Goodspeed Histories: Harper’s Ferry, The Railroad Never Built & A Route Not Taken
We are more than half way through January and we have great articles:
Janury 7, 2020: Harper’s Ferry: On the Eve of War
Abolition was not widely supported in Hunterdon, but neither was secession. One of the reasons this appealed to me is the same reason I began writing about the landowners along the railroad route: the names of the signers of a declaration were given in a list without any identification—just a series of names, many with just first initials. I wanted to know more about these people, and what the declaration was really about. Perhaps you do too; perhaps you will even have an ancestor on the list.
Thanks to Bill Hartman’s abstracts of the Gazette and the Republican, it is possible to see that politics in Hunterdon County in the 1850s was remarkably complex, and a subject I will probably be returning to, with the help of John W. Kuhl’s book on the Civil War and Hubert G. Schmidt’s pamphlet on attitudes toward slavery in Hunterdon.

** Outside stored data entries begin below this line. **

-- ===== src/Spec/Decode.antt =====
-- `Spec`, its parts, and their decoding, of internal/spec/spec.go.
use perplexity_proxy_go.Prelude.{Bool, List, [], ◌∷◌, Option, some, String, Bytes}
use perplexity_proxy_go.Errors.{wrapped, Result, ok, ◌>>=◌}
use perplexity_proxy_go.Act.{wrap_result}
use perplexity_proxy_go.Json.{
  Value, Fields, Codec, at, to_str, to_bool, to_struct, to_slice, to_document,
}
use perplexity_proxy_go.Spec.Endpoints.{Endpoints}

pub record Headers : Type 0 where
  pub app_api_client : String
  pub accept : String
  pub content_type : String

pub record Defaults : Type 0 where
  pub model : String
  pub prompt_source : String
  pub send_back_text_in_streaming : Bool
  pub use_schematized_api : Bool
  pub language : String
  pub source_focus : String
  pub search_focus : String
  pub search_recency_filter : String
  pub save_to_library : Bool

pub record Model : Type 0 where
  pub name : String
  pub identifier : String
  pub mode : String

pub record Spec : Type 0 where
  pub base_url : String
  pub api_version : String
  pub session_cookie_name : String
  pub endpoints : Endpoints
  pub headers : Headers
  pub defaults : Defaults
  pub models : List Model
  pub raw : Bytes

unfoldable pub decode_endpoints : Fields → Result Endpoints
decode_endpoints fs = do
  ask ← to_str (at "ask" fs)
  search_init ← to_str (at "search_init" fs)
  upload ← to_str (at "upload" fs)
  rate_limits ← to_str (at "rate_limits" fs)
  user_settings ← to_str (at "user_settings" fs)
  list_threads ← to_str (at "list_threads" fs)
  thread_detail ← to_str (at "thread_detail" fs)
  credits ← to_str (at "credits" fs)
  auth_csrf ← to_str (at "auth_csrf" fs)
  auth_otp_redirect ← to_str (at "auth_otp_redirect" fs)
  auth_signin_email ← to_str (at "auth_signin_email" fs)
  auth_totp_verify ← to_str (at "auth_totp_verify" fs)
  ok (record {
    ask = ask;
    search_init = search_init;
    upload = upload;
    rate_limits = rate_limits;
    user_settings = user_settings;
    list_threads = list_threads;
    thread_detail = thread_detail;
    credits = credits;
    auth_csrf = auth_csrf;
    auth_otp_redirect = auth_otp_redirect;
    auth_signin_email = auth_signin_email;
    auth_totp_verify = auth_totp_verify;
  })

unfoldable pub decode_headers : Fields → Result Headers
decode_headers fs = do
  client ← to_str (at "x-app-apiclient" fs)
  accept ← to_str (at "accept" fs)
  content_type ← to_str (at "content_type" fs)
  ok (record { app_api_client = client; accept = accept; content_type = content_type })

unfoldable pub decode_defaults : Fields → Result Defaults
decode_defaults fs = do
  model ← to_str (at "model" fs)
  prompt_source ← to_str (at "prompt_source" fs)
  send_back ← to_bool (at "send_back_text_in_streaming_api" fs)
  schematized ← to_bool (at "use_schematized_api" fs)
  language ← to_str (at "language" fs)
  source_focus ← to_str (at "source_focus" fs)
  search_focus ← to_str (at "search_focus" fs)
  recency ← to_str (at "search_recency_filter" fs)
  save ← to_bool (at "save_to_library" fs)
  ok (record {
    model = model;
    prompt_source = prompt_source;
    send_back_text_in_streaming = send_back;
    use_schematized_api = schematized;
    language = language;
    source_focus = source_focus;
    search_focus = search_focus;
    search_recency_filter = recency;
    save_to_library = save;
  })

unfoldable pub decode_model : Value → Result Model
decode_model v = do
  fs ← to_struct (some v)
  name ← to_str (at "name" fs)
  identifier ← to_str (at "identifier" fs)
  mode ← to_str (at "mode" fs)
  ok (record { name = name; identifier = identifier; mode = mode })

unfoldable pub decode_models : List Value → Result (List Model)
unfolding decode_model
decode_models [] = ok []
decode_models (v ∷ vs) = do m ← decode_model v; ms ← decode_models vs; ok (m ∷ ms)

-- `json.Unmarshal` into a `Spec`, whose `Raw` is left out of the JSON
unfoldable pub decode_spec : Option Value → Bytes → Result Spec
unfolding decode_endpoints decode_headers decode_defaults decode_models
decode_spec doc raw = do
  fs ← to_document doc
  base_url ← to_str (at "base_url" fs)
  api_version ← to_str (at "api_version" fs)
  cookie ← to_str (at "session_cookie_name" fs)
  es ← to_struct (at "endpoints" fs)
  endpoints ← decode_endpoints es
  hs ← to_struct (at "headers" fs)
  headers ← decode_headers hs
  ds ← to_struct (at "defaults" fs)
  defaults ← decode_defaults ds
  vs ← to_slice (at "models" fs)
  models ← decode_models vs
  ok (record {
    base_url = base_url;
    api_version = api_version;
    session_cookie_name = cookie;
    endpoints = endpoints;
    headers = headers;
    defaults = defaults;
    models = models;
    raw = raw;
  })

-- `parseEmbedded`
unfoldable pub parse_embedded : Codec → Bytes → Result Spec
unfolding decode_spec
parse_embedded codec embedded =
    wrap_result (decode_spec (codec.parse embedded) embedded)
      (λ e. wrapped "parse embedded spec: " e "")
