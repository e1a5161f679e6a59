-- ===== src/Transport/Space.antt =====
-- `bytes.TrimSpace` and `bytes.TrimRight(b, "\r")` on UTF-8, as internal/transport/plain.go and
-- internal/pplx/sse.go use them.
use mathlib.Core.List.{reverse}
use perplexity_proxy_go.Prelude.{
  ℕ, Bool, true, false, ◌&&◌, ◌||◌, [], ◌∷◌, Bytes, leb, eqb, if◌then◌else◌,
}

-- `unicode.IsSpace` of a rune of one, two or three bytes
is_space : ℕ → Bool
is_space a = (leb 9 a && leb a 13) || eqb a 32

is_space_pair : ℕ → ℕ → Bool
is_space_pair a b = eqb a 0xc2 && (eqb b 0x85 || eqb b 0xa0)

is_space_triple : ℕ → ℕ → ℕ → Bool
is_space_triple a b c =
    (eqb a 0xe1 && eqb b 0x9a && eqb c 0x80)
    || (eqb a 0xe2
        && eqb b 0x80
        && ((leb 0x80 c && leb c 0x8a) || eqb c 0xa8 || eqb c 0xa9 || eqb c 0xaf))
    || (eqb a 0xe2 && eqb b 0x81 && eqb c 0x9f)
    || (eqb a 0xe3 && eqb b 0x80 && eqb c 0x80)

trim_by : (ℕ → ℕ → Bool) → (ℕ → ℕ → ℕ → Bool) → Bytes → Bytes
unfolding is_space
trim_by two three [] = []
trim_by two three (a ∷ []) = if is_space a then [] else a ∷ []
trim_by two three (a ∷ b ∷ []) =
    let one = trim_by two three (b ∷ []) in
    if is_space a then one else if two a b then [] else a ∷ b ∷ []
trim_by two three (a ∷ b ∷ c ∷ r) =
    let one = trim_by two three (b ∷ c ∷ r) in
    let pair = trim_by two three (c ∷ r) in
    let triple = trim_by two three r in
    if is_space a
    then one
    else if two a b
    then pair
    else if three a b c
    then triple
    else a ∷ b ∷ c ∷ r

unfoldable pub trim_space : Bytes → Bytes
unfolding trim_by is_space_pair is_space_triple
trim_space s = reverse (
    trim_by (λ a b. is_space_pair b a) (λ a b c. is_space_triple c b a)
      (reverse (trim_by is_space_pair is_space_triple s)))

abbrev is_empty : Bytes → Bool
is_empty [] = true
is_empty (b ∷ s) = false

-- `len(bytes.TrimSpace(s)) == 0`
unfoldable pub is_blank : Bytes → Bool
unfolding trim_space
is_blank s = is_empty (trim_space s)

trim_cr_front : Bytes → Bytes
trim_cr_front [] = []
trim_cr_front (b ∷ s) = let rest = trim_cr_front s in if eqb b 13 then rest else b ∷ s

unfoldable pub trim_cr : Bytes → Bytes
unfolding trim_cr_front
trim_cr s = reverse (trim_cr_front (reverse s))
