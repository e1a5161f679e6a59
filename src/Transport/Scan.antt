-- ===== src/Transport/Scan.antt =====
-- `scanLines` of internal/transport/plain.go. A reader is the list of the byte runs that its calls
-- of Read return, then the last one, which comes with io.EOF (`none`) or with another error.
pub mod Lines
pub mod Split
pub mod Chunks
use perplexity_proxy_go.Prelude.{
  ℕ, zero, suc, List, [], ◌∷◌, ◌++◌, Option, none, some, Bytes, length, ltb, eqb, if◌then◌else◌,
}
use perplexity_proxy_go.Errors.{Failure, plain}
use perplexity_proxy_go.Transport.Space.{is_blank, trim_cr}

pub record Stream : Type 0 where
  pub chunks : List Bytes
  pub last : Bytes
  pub ending : Option Failure

-- `maxSSELine`, and the size of the array that Read fills
abbrev pub max_sse_line : ℕ
max_sse_line = 16777216

abbrev pub chunk_size : ℕ
chunk_size = 32768

abbrev pub too_long : Failure
too_long = plain "SSE line exceeds 16777216 bytes"

-- `onLine`, over the state that it captures
abbrev pub OnLine : Type 0 → Type 0
OnLine S = S → Bytes → S × Option Failure

-- `bytes.IndexByte(buf, '\n')`, with the bytes before the newline and those after it
cut_after : ℕ → Option (Bytes × Bytes) → Option (Bytes × Bytes)
cut_after b none = none
cut_after b (some (line, rest)) = some (b ∷ line, rest)

unfoldable pub cut : Bytes → Option (Bytes × Bytes)
unfolding cut_after
cut [] = none
cut (b ∷ buf) = let later = cut_after b (cut buf) in if eqb b 10 then some ([], buf) else later

-- The loops either return an error, or go on with what is left in `buf`.
pub data Progress (S : Type 0) : Type 0 where
  stopped : S → Failure → Progress S
  more : S → Bytes → Progress S

-- An error returns from `scanLines`; otherwise it goes on as `k` says.
abbrev pub conclude :
    {S : Type 0} → Progress S → (S → Bytes → S × Option Failure) → S × Option Failure
conclude (stopped s failure) k = (s, some failure)
conclude (more s rest) k = k s rest

module _ {S : Type 0} (on_line : OnLine S) where
  -- the body of the inner loop
  unfoldable pub visit : S → Bytes → S × Option Failure
  visit s before = if is_blank (trim_cr before) then (s, none) else on_line s (trim_cr before)

  -- the inner loop; each round takes a byte off at least, so `length buf` rounds are enough
  unfoldable pub drain : ℕ → Bytes → S → Progress S
  drain zero buf s = more s buf
  drain (suc fuel) buf s = elim (cut buf) [
    | none ↦ more s buf
    | some (before, after) ↦
        let (s', e) = visit s before in
        elim e [ some failure ↦ stopped s' failure | none ↦ drain fuel after s' ]
  ]

  -- `if n > 0 { … }` of the outer loop
  unfoldable pub absorb : Bytes → S → Bytes → Progress S
  absorb buf s [] = more s buf
  absorb buf s (b ∷ chunk) =
      let whole = buf ++ b ∷ chunk in
      if ltb max_sse_line (length whole)
      then stopped s too_long
      else drain (suc (length whole)) whole s

  -- what comes after the last Read
  unfoldable pub finish : Option Failure → S → Bytes → S × Option Failure
  finish (some failure) s buf = (s, some failure)
  finish none s buf = if is_blank buf then (s, none) else on_line s (trim_cr buf)

  unfoldable pub scan_from : Bytes → S → List Bytes → Bytes → Option Failure → S × Option Failure
  scan_from buf s [] last ending = conclude (absorb buf s last) (finish ending)
  scan_from buf s (chunk ∷ chunks) last ending =
      conclude (absorb buf s chunk) (λ s' buf'. scan_from buf' s' chunks last ending)

  unfoldable pub scan_lines : S → Stream → S × Option Failure
  scan_lines s r = scan_from [] s r.chunks r.last r.ending
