-- ===== src/Transport/Client.antt =====
-- `Client` of internal/transport/transport.go over a world `W`, and the platform functions that
-- the client code calls. The document that GetJSON or PostJSON decodes comes back as a value, which
-- its callers read as the struct that they hand over.
use perplexity_proxy_go.Prelude.{ℕ, List, Option, Bool, String}
use perplexity_proxy_go.Errors.{Failure}
use perplexity_proxy_go.Act.{Act}
use perplexity_proxy_go.Json.{Value, Codec}
use perplexity_proxy_go.Transport.Scan.{OnLine}

pub record Client (W : Type 0) : Type 1 where
  pub get : String → Act W (Unit {0})
  pub get_json : String → Act W Value
  -- the status and the location
  pub get_no_redirect : String → Act W (ℕ × String)
  pub post_json : String → Value → Act W Value
  -- the status, the location, and the body where it is JSON
  pub post_json_no_redirect : String → Value → Act W (ℕ × String × Option Value)
  pub post_sse : (S : Type 0) → OnLine S → String → Value → S → W → (S × Option Failure) × W
  pub set_cookie : String → String → W → W
  pub cookie : String → W → String

-- The environment, the clock's zone, net/url, path/filepath, os and encoding/json.
pub record Host : Type 0 where
  pub codec : Codec
  -- `os.Getenv`
  pub env : String → String
  -- the name that `time.Now().Zone()` gives
  pub zone : String
  -- `url.QueryEscape`
  pub query_escape : String → String
  -- `strconv.Quote`, the verb %q
  pub quote : String → String
  -- `filepath.Join`
  pub join_path : List String → String
  -- `os.UserHomeDir`, `none` for an error
  pub home : Option String
  -- whether `os.Stat` succeeds
  pub exists : String → Bool
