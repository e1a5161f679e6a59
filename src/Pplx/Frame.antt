-- ===== src/Pplx/Frame.antt =====
-- internal/pplx/sse.go: the payload of a `data:` line, and the questions and strings inside a
-- decoded frame.
use perplexity_proxy_go.Prelude.{
  ℕ, List, [], ◌∷◌, Option, none, some, String, Bytes, ◌==◌, eqb, contains, if◌then◌else◌,
}
use perplexity_proxy_go.Json.{
  Value, str, arr, obj, Fields, elems, members, Codec, at, as_arr, str_or_empty, as_map,
}
use perplexity_proxy_go.Transport.Space.{trim_space}

abbrev strip_byte : ℕ → Option Bytes → Option Bytes
strip_byte c none = none
strip_byte c (some []) = none
strip_byte c (some (b ∷ r)) = if eqb b c then some r else none

-- `trimmed[len("data:"):]` of a line that begins with "data:"
abbrev after_data : Bytes → Option Bytes
after_data line =
    strip_byte b':'
      (strip_byte b'a' (strip_byte b't' (strip_byte b'a' (strip_byte b'd' (some line)))))

abbrev decode_payload : Codec → Bytes → Option Fields
decode_payload codec [] = none
decode_payload codec (b ∷ r) = as_map (codec.parse (b ∷ r))

abbrev payload_of : Option Bytes → Option Bytes
payload_of none = none
payload_of (some r) = some (trim_space r)

abbrev decode_line : Codec → Option Bytes → Option Fields
decode_line codec none = none
decode_line codec (some payload) = decode_payload codec payload

-- `sseData`
unfoldable pub sse_data : Codec → Bytes → Option Fields
unfolding trim_space
sse_data codec line = decode_line codec (payload_of (after_data (trim_space line)))

-- `stringOr` over the strings of a list
unfoldable pub strings_of : List Value → List String
strings_of [] = []
strings_of (str s ∷ vs) = s ∷ strings_of vs
strings_of (_ ∷ vs) = strings_of vs

unfoldable non_empty : List Value → List String
non_empty [] = []
non_empty (v ∷ vs) =
    let rest = non_empty vs in let s = str_or_empty (some v) in if s == "" then rest else s ∷ rest

unfoldable questions_in : List Value → List String
questions_in [] = []
questions_in (str s ∷ vs) = let rest = questions_in vs in if contains s "?" then s ∷ rest else rest
questions_in (_ ∷ vs) = questions_in vs

-- `extractClarifyingQuestions`
unfoldable pub extract_clarifying_questions : Option Value → List String
unfolding non_empty questions_in
extract_clarifying_questions (some (obj c)) = elim (as_arr (at "questions" c)) [
  | some raw ↦ non_empty raw
  | none ↦ elim (as_arr (at "clarifying_questions" c)) [
    | some raw ↦ non_empty raw
    | none ↦ questions_in (members c)
  ]
]
extract_clarifying_questions (some (arr vs)) = non_empty (elems vs)
extract_clarifying_questions (some (str s)) = if s == "" then [] else s ∷ []
extract_clarifying_questions _ = []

January 14, 2020, Route Not Taken, part 3
I have included with the heading of each landowner, how they were identified in the Beers Atlas of 1873, the list of landowners compiled by the company engineer (Slaymaker), how their names appeared on the railroad survey map, and how they were described in a survey compiled by Isaac S. Cramer, found among the railroad company papers at the County Historical Society. That Cramer survey is a gold mine, and will get its own article once I’ve gotten to Flemington and finished this series.
As so often happens, while researching Charles Green of Sergeantsville, I discovered his brother Peter Green, who was the owner of the original blacksmith shop in the village, location today of WDVR radio station. The temptation to veer off and write about Peter and his family is mighty strong, but if I do that I will never get to Flemington on this fantasy railroad route.
Distractions
I should have published this past weekend, but I had two wonderful distractions. On Saturday, visited Ray and Debbie King and got a personal tour from Ray of his amazing barn/studio. Anyone driving north from Stockton on Route 523 will have noticed it. It isn’t often one gets to see a post & beam structure going up and it is very handsome. It was a special treat for me to see it before its siding is applied. The view from inside is stunning.
My next distraction took place on Sunday, when Dick and I got a personal tour of Frenchtown from Rick Epstein. Rick, former managing editor of the Hunterdon Democrat, and author of the “Old Ink” section, gives these tours during the warmer months, but pollen keeps me indoors, so Rick offered to give us a tour on what turned out to be a beautiful day in January. I highly recommend Rick’s tours to anyone interested in Frenchtown and Hunterdon history. (If you go, be sure to ask him about Aaron Burr.)
January 25, 2020, The Route Not Taken, part 4
This article was unusual in the number of family connections that kept turning up. Following the Hoppock, Moore, Dalrymple, Parks and Cole families was a challenge because everyone was so interconnected. But it was also fascinating to discover a pattern I had not noticed before: married women buying and selling property in their own name.
I get so much information about people from the deeds they record, that I sometimes get surprised when the deeds don’t tell me what I want, or even worse, when they’re not there at all. I have come up with a couple explanations for why this happens. They both occurred while I was researching this week’s article:
1. The property was sold to the female spouse of a married couple, and the clerk did not include the husband’s name in the deed index of grantees, or even in the index of grantors—even tho the husband did get named in the deed of sale by the wife. And, of course, the map makers put the husband’s name on their maps, not the wife’s. Such was the case with the Abbots of Sergeantsville, the Coles and the Wilsons.
2. Speaking of misleading maps, sometimes the initials are just wrong. Case in point, the Cornel Map of 1851 showed “R. Reeve” at a property later owned by Mrs. Abbott. But I could not find any deed for an R. Reeve that hit the bill. Thanks to discovering Mrs. Abbott’s deeds I was able to work back and find that the 1851 name was really “F. Reeve.” F does look a lot like R, but not that much. The problem got repeated in the 1860 Philadelphia map when the name appeared to be “J. Hummer,” of which there are way too many, when it was actually “S. Hummer.”
It would make life so much easier if all men and women would marry partners whose first initial was the same as their own. Then they would be listed together in the Deed Indexes. That did happen from time to time, but not often enough for me.
I came upon a reason why some people did not bother to record their deed in the Jan. 17, 1844 edition of the Hunterdon Gazette. It was a notice submitted by Peter I. Clark, the County Clerk:
DEEDS & MORTGAGES. THE owners of these papers left at the Clerk’s Office, to be recorded, have in general, manifested such indifference to the payment of the recording fees, (which by the rule of the Office, are to be paid on the deposit of the papers) that I am compelled to say to the persons interested, that if such fees are not paid at the next term of this Court, they will immediately thereafter be placed in the hands of a Justice for collection.